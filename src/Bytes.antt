-- ===== src/Bytes.antt =====
-- What the program uses of Python's `bytes` and `str`. A byte string is the list of its bytes, and
-- a text decoded as latin-1 is the same list of code points.
pub mod Find
pub mod Number
use Prim.Native.Char.{code}
use Prim.Native.String.{String}
use mathlib.Core.List.{reverse}
use mathlib.Core.Option
use native.Mathlib.Decide.{ℕ_discrete}
use l7_load_balancer.Prelude.{
  ℕ, zero, suc, ◌+◌, ◌-◌, min, List, [], ◌∷◌, ◌++◌, Option, none, some, Bool, true, false, ◌&&◌,
  ◌||◌, ltb, leb, ◌==◌, if◌then◌else◌, length, take, drop, ℤ, pos, negsuc,
}

abbrev pub Bytes : Type 0
Bytes = List ℕ

unfoldable pub Bytes-discrete : Discrete Bytes
unfolding ℕ_discrete
Bytes-discrete = hlevel ℕ_discrete

abbrev pub codes : String → Bytes
codes String.[] = []
codes (String.◌∷◌ c s) = code c ∷ codes s

-- `a == b`
unfoldable pub is : Bytes → Bytes → Bool
is [] [] = true
is (x ∷ xs) (y ∷ ys) = x == y && is xs ys
is _ _ = false

unfoldable pub starts_with : Bytes → Bytes → Bool
starts_with [] s = true
starts_with (x ∷ xs) [] = false
starts_with (x ∷ xs) (c ∷ cs) = x == c && starts_with xs cs

-- `s.find(sub)` of a non-empty `sub`; `none` is -1.
unfoldable pub find : Bytes → Bytes → Option ℕ
unfolding starts_with
find sub [] = none
find sub (c ∷ cs) = if starts_with sub (c ∷ cs) then some 0 else Option.map suc (find sub cs)

-- An index of `s[i:]`, for a string of length `n`: a negative one counts from the end, and both
-- ends clip.
unfoldable pub clip : ℕ → ℤ → ℕ
clip n (pos k) = min k n
clip n (negsuc k) = n - suc k

-- `s[a:b]`
unfoldable pub slice : Bytes → ℤ → ℤ → Bytes
unfolding clip
slice s a b = let i = clip (length s) a in let j = clip (length s) b in take (j - i) (drop i s)

-- `s.find(sub, start)`
unfoldable pub find_from : Bytes → Bytes → ℤ → Option ℕ
unfolding find clip
find_from sub s start =
    let i = clip (length s) start in Option.map (λ k. i + k) (find sub (drop i s))

-- The text before the first `c` and the text behind it.
unfoldable pub partition : ℕ → Bytes → Option (Bytes × Bytes)
partition c [] = none
partition c (x ∷ xs) =
    if x == c then some ([], xs) else Option.map (λ p. (x ∷ p.0, p.1)) (partition c xs)

-- `s.rpartition(c)`, where `c` is in `s`: cut at the last one.
unfoldable pub rpartition : ℕ → Bytes → Option (Bytes × Bytes)
rpartition c [] = none
rpartition c (x ∷ xs) = elim (rpartition c xs) [
  | some (before, behind) ↦ some (x ∷ before, behind)
  | none ↦ if x == c then some ([], xs) else none
]

-- `s.split(c, n)` for a single character `c`.
unfoldable pub split_max : ℕ → ℕ → Bytes → List Bytes
unfolding partition
split_max zero c s = s ∷ []
split_max (suc n) c s = elim (partition c s) [
  | none ↦ s ∷ []
  | some (before, behind) ↦ before ∷ split_max n c behind
]

-- `s.split(sep)`: `skip` bytes of a separator are still to be passed over, `piece` is the part
-- read so far.
unfoldable pub split_go : Bytes → ℕ → Bytes → Bytes → List Bytes
unfolding starts_with
split_go sep skip piece [] = piece ∷ []
split_go sep (suc skip) piece (c ∷ cs) = split_go sep skip piece cs
split_go sep zero piece (c ∷ cs) =
    let next = split_go sep (length sep - 1) [] cs in
    let on = split_go sep zero (piece ++ c ∷ []) cs in
    if starts_with sep (c ∷ cs) then piece ∷ next else on

unfoldable pub split : Bytes → Bytes → List Bytes
unfolding split_go
split sep s = split_go sep 0 [] s

-- `str.isspace` below 256, as `strip` and `int` use it.
unfoldable pub is_space : ℕ → Bool
is_space c = leb 9 c && leb c 13 || leb 28 c && leb c 32 || c == 133 || c == 160

unfoldable pub lstrip : Bytes → Bytes
unfolding is_space
lstrip [] = []
lstrip (c ∷ cs) = let rest = lstrip cs in if is_space c then rest else c ∷ cs

unfoldable pub strip : Bytes → Bytes
unfolding lstrip
strip s = reverse (lstrip (reverse (lstrip s)))

abbrev within : ℕ → ℕ → ℕ → Bool
within lo hi c = leb lo c && leb c hi

-- `str.lower` and `str.upper` below 256. Two letters have no upper case in latin-1, and one has
-- an upper case of two letters.
lower_code : ℕ → ℕ
lower_code c =
    if within 65 90 c
    then c + 32
    else if within 192 222 c
    then (if c == 215 then c else c + 32)
    else c

unfoldable pub lower : Bytes → Bytes
unfolding lower_code
lower [] = []
lower (c ∷ cs) = lower_code c ∷ lower cs

upper_code : ℕ → Bytes
upper_code c =
    if within 97 122 c
    then (c - 32) ∷ []
    else if c == 181
    then 924 ∷ []
    else if c == 223
    then 83 ∷ 83 ∷ []
    else if c == 255
    then 376 ∷ []
    else if within 224 254 c
    then (if c == 247 then c ∷ [] else (c - 32) ∷ [])
    else c ∷ []

unfoldable pub upper : Bytes → Bytes
unfolding upper_code
upper [] = []
upper (c ∷ cs) = upper_code c ++ upper cs
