-- ===== src/Bytes/Find.antt =====
-- Slices and searches at positions that are not negative, without the clipping.
use mathlib.Core.Option
use native.Mathlib.Decide.{dec_le}
use l7_load_balancer.Prelude.{
  ℕ, zero, suc, ◌+◌, ◌-◌, ◌≤◌, min, ◌≡◌, refl, sym, ap, ◌∙◌, [], ◌∷◌, ◌++◌, Option, none, some,
  arith, length, take, drop, length-drop, take_of_length-le, ℤ, pos, negsuc, ◌+ℤ◌, true, false,
  Bool-cases, inl, inr,
}
use l7_load_balancer.Bytes.{Bytes, is, find, find_from, slice, clip, starts_with}

pub +ℤ-pos : (a b : ℕ) → pos a +ℤ pos b ≡ pos (a + b)
unfolding ◌+ℤ◌
+ℤ-pos a b = ground arith

clip-le : (n : ℕ) (z : ℤ) → clip n z ≤ n
unfolding clip
clip-le n (pos k) = omega arith
clip-le n (negsuc k) = omega arith

drop-min : (a : ℕ) (s : Bytes) → drop (min a (length s)) s ≡ drop a s
drop-min a s = elim (dec_le a (length s)) [
  | yes h ↦ ap (λ n. drop n s) (omega arith)
  | no h ↦ ap (λ n. drop n s) (omega arith) ∙ drop_end s ∙ sym (drop_of_length-le a s (omega arith))
]
  where
    drop_end : (t : Bytes) → drop (length t) t ≡ []
    drop_end [] = refl
    drop_end (x ∷ t) = drop_end t

    drop_of_length-le : (n : ℕ) (t : Bytes) → length t ≤ n → drop n t ≡ []
    drop_of_length-le zero [] h = refl
    drop_of_length-le zero (x ∷ t) h = absurd (omega arith)
    drop_of_length-le (suc n) [] h = refl
    drop_of_length-le (suc n) (x ∷ t) h = drop_of_length-le n t (omega arith)

take_both : (k m : ℕ) (s : Bytes) → length s ≤ k → length s ≤ m → take k s ≡ take m s
take_both k m s h l = take_of_length-le k s h ∙ sym (take_of_length-le m s l)

pub slice-pos : (s : Bytes) (a b : ℕ) → slice s (pos a) (pos b) ≡ take (b - a) (drop a s)
unfolding slice clip
slice-pos s a b = rw (drop-min a s) (elim (dec_le b (length s)) [
  | no h ↦
      take_both _ _ (drop a s) (omega (arith, length-drop a s)) (omega (arith, length-drop a s))
  | yes h ↦ elim (dec_le a (length s)) [
    | yes l ↦ ap (λ n. take n (drop a s)) (omega arith)
    | no l ↦
        take_both _ _ (drop a s) (omega (arith, length-drop a s)) (omega (arith, length-drop a s))
  ]
])

-- What is left behind a first part.
pub drop-append_add : (pre t : Bytes) (k : ℕ) → drop (length pre + k) (pre ++ t) ≡ drop k t
drop-append_add [] t k = ap (λ n. drop n t) (omega arith)
drop-append_add (x ∷ pre) t k = ap (λ n. drop n ((x ∷ pre) ++ t)) same ∙ drop-append_add pre t k
  where
    same : suc (length pre) + k ≡ suc (length pre + k)
    same = omega arith

-- A search finds its text inside what is left.
pub find_from-pos :
    (sub s : Bytes) (a : ℕ)
    → a ≤ length s
    → find_from sub s (pos a) ≡ Option.map (λ k. a + k) (find sub (drop a s))
unfolding find_from clip
find_from-pos sub s a h = ap (λ n. Option.map (λ k. n + k) (find sub (drop n s))) (omega arith)

-- What is found is there in full.
starts_with-length-le : (sub s : Bytes) → starts_with sub s ≡ true → length sub ≤ length s
unfolding starts_with
starts_with-length-le [] s h = omega arith
starts_with-length-le (x ∷ sub) [] h = cc
starts_with-length-le (x ∷ sub) (c ∷ s) h = ground (arith, starts_with-length-le sub s)

-- The two ways in which a search can succeed.
pub find_first :
    (sub : Bytes) (c : ℕ) (cs : Bytes)
    → starts_with sub (c ∷ cs) ≡ true
    → find sub (c ∷ cs) ≡ some 0
unfolding find
find_first sub c cs e = rw e

pub find_later :
    (sub : Bytes) (c : ℕ) (cs : Bytes)
    → starts_with sub (c ∷ cs) ≡ false
    → find sub (c ∷ cs) ≡ Option.map suc (find sub cs)
unfolding find
find_later sub c cs e = rw e

map-suc : (o : Option ℕ) (k : ℕ) → Option.map suc o ≡ some k → (j : ℕ) × (o ≡ some j) × (suc j ≡ k)
map-suc none k h = cc
map-suc (some j) k h = (j, refl, ground arith)

pub find-fits : (sub s : Bytes) (k : ℕ) → find sub s ≡ some k → k + length sub ≤ length s
find-fits sub [] k h = unfold find in cc
find-fits sub (c ∷ cs) k h = elim (Bool-cases (starts_with sub (c ∷ cs))) [
  | inl e ↦
      let zero_k : some 0 ≡ some k = sym (find_first sub c cs e) ∙ h in
      let same : 0 ≡ k = cc in omega (arith, starts_with-length-le sub (c ∷ cs) e)
  | inr e ↦
      let (j, found, next) = map-suc (find sub cs) k (sym (find_later sub c cs e) ∙ h) in
      omega (arith, find-fits sub cs j found)
]

-- So it is from any position.
pub find_from-fits :
    (sub s : Bytes) (start : ℤ) (k : ℕ) → find_from sub s start ≡ some k → k + length sub ≤ length s
unfolding find_from
find_from-fits sub s start k h = within (find sub (drop i s)) refl h
  where
    i : ℕ
    i = clip (length s) start

    i-le : i ≤ length s
    i-le = clip-le (length s) start

    within :
        (o : Option ℕ)
        → find sub (drop i s) ≡ o
        → Option.map (λ j. i + j) o ≡ some k
        → k + length sub ≤ length s
    within none e g = cc
    within (some j) e g =
        let same : i + j ≡ k = ground arith in
        omega (arith, find-fits sub (drop i s) j e, length-drop i s, i-le)

pub is-length : (a b : Bytes) → is a b ≡ true → length a ≡ length b
unfolding is
is-length [] [] h = refl
is-length [] (y ∷ b) h = cc
is-length (x ∷ a) [] h = cc
is-length (x ∷ a) (y ∷ b) h = ground (arith, is-length a b)
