-- ===== src/Bytes/Number.antt =====
-- Python's `int(s)` and `int(s, 16)` on texts below 256, and `str(n)` of an integer.
pub mod RoundTrip
use mathlib.Core.Option
use mathlib.Core.List.{Mem, mem-cons_self}
use native.Mathlib.Omega.{arith}
use mathlib.Core.Logic.{◌≢◌}
use l7_load_balancer.Prelude.{◌≡◌, subst, Bool-cases, inl, inr}
use Prim.Native.Nat.{◌/◌, ◌%◌}
use l7_load_balancer.Prelude.{
  ℕ, zero, suc, ◌+◌, ◌-◌, ◌*◌, [], ◌∷◌, Option, none, some, ◌&&◌, ◌||◌, ltb, leb, ◌==◌,
  if◌then◌else◌, ℤ, pos, negsuc,
}
use l7_load_balancer.Bytes.{Bytes, strip}

-- The value of a digit, or a number that is no digit of any base in use.
unfoldable pub digit_value : ℕ → ℕ
digit_value c =
    if leb 48 c && leb c 57
    then c - 48
    else if leb 97 c && leb c 102
    then c - 87
    else if leb 65 c && leb c 70
    then c - 55
    else 99

-- What may follow: a digit only, a digit or an underscore, or also the end.
pub data Place : Type 0 where
  digit_only after_prefix after_digit : Place

unfoldable pub digits : ℕ → ℕ → Place → Bytes → Option ℕ
unfolding digit_value
digits base acc after_digit [] = some acc
digits base acc digit_only [] = none
digits base acc after_prefix [] = none
digits base acc digit_only (c ∷ cs) =
    let rest = digits base (acc * base + digit_value c) after_digit cs in
    if ltb (digit_value c) base then rest else none
digits base acc _ (c ∷ cs) =
    let under = digits base acc digit_only cs in
    let rest = digits base (acc * base + digit_value c) after_digit cs in
    if c == b'_' then under else if ltb (digit_value c) base then rest else none

-- The `0x` that base 16 allows.
unfoldable pub magnitude : ℕ → Bytes → Option ℕ
unfolding digits
magnitude base (z ∷ x ∷ cs) =
    if base == 16 && z == b'0' && (x == b'x' || x == b'X')
    then digits base 0 after_prefix cs
    else digits base 0 digit_only (z ∷ x ∷ cs)
magnitude base cs = digits base 0 digit_only cs

unfoldable pub negate : ℕ → ℤ
negate zero = pos 0
negate (suc n) = negsuc n

unfoldable pub signed : ℕ → Bytes → Option ℤ
unfolding magnitude negate
signed base [] = none
signed base (c ∷ cs) =
    if c == b'-'
    then Option.map negate (magnitude base cs)
    else if c == b'+'
    then Option.map pos (magnitude base cs)
    else Option.map pos (magnitude base (c ∷ cs))

-- `int(s, base)`, for base 10 and 16; `none` is a ValueError.
unfoldable pub int : ℕ → Bytes → Option ℤ
unfolding strip signed
int base s = signed base (strip s)

map_pos-nonneg : (o : Option ℕ) (k : ℕ) → Option.map pos o ≢ some (negsuc k)
map_pos-nonneg none k h = cc
map_pos-nonneg (some n) k h = cc

signed-minus : (base : ℕ) (s : Bytes) (k : ℕ) → signed base s ≡ some (negsuc k) → Mem b'-' s
unfolding signed
signed-minus base [] k h = cc
signed-minus base (c ∷ cs) k h = elim (Bool-cases (c == b'-')) [
  | inl e ↦ let same : c ≡ b'-' = ground arith in subst (λ y. Mem y (c ∷ cs)) same mem-cons_self
  | inr e ↦ elim (Bool-cases (c == b'+')) [
    | inl f ↦ absurd (map_pos-nonneg (magnitude base cs) k (rw (e, f) at h))
    | inr f ↦ absurd (map_pos-nonneg (magnitude base (c ∷ cs)) k (rw (e, f) at h))
  ]
]

-- A text that is read as a negative number has a minus sign, once it is stripped.
pub int-minus : (base : ℕ) (s : Bytes) (k : ℕ) → int base s ≡ some (negsuc k) → Mem b'-' (strip s)
unfolding int
int-minus base s k h = signed-minus base (strip s) k h

-- `str(n)`, on fuel: a number has fewer digits than its value has units, and one more.
unfoldable pub decimal : ℕ → ℕ → Bytes → Bytes
decimal zero n out = out
decimal (suc f) n out =
    let rest = decimal f (n / 10) ((48 + n % 10) ∷ out) in if ltb n 10 then (48 + n) ∷ out else rest

unfoldable pub str : ℕ → Bytes
unfolding decimal
str n = decimal (suc n) n []

unfoldable pub str_int : ℤ → Bytes
unfolding str
str_int (pos n) = str n
str_int (negsuc n) = b'-' ∷ str (suc n)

- - - - - - -

* **Assigned task**: Nothing but a number should be written: how many lines of the preceding listing contain "left".

* **Result for this task**: 2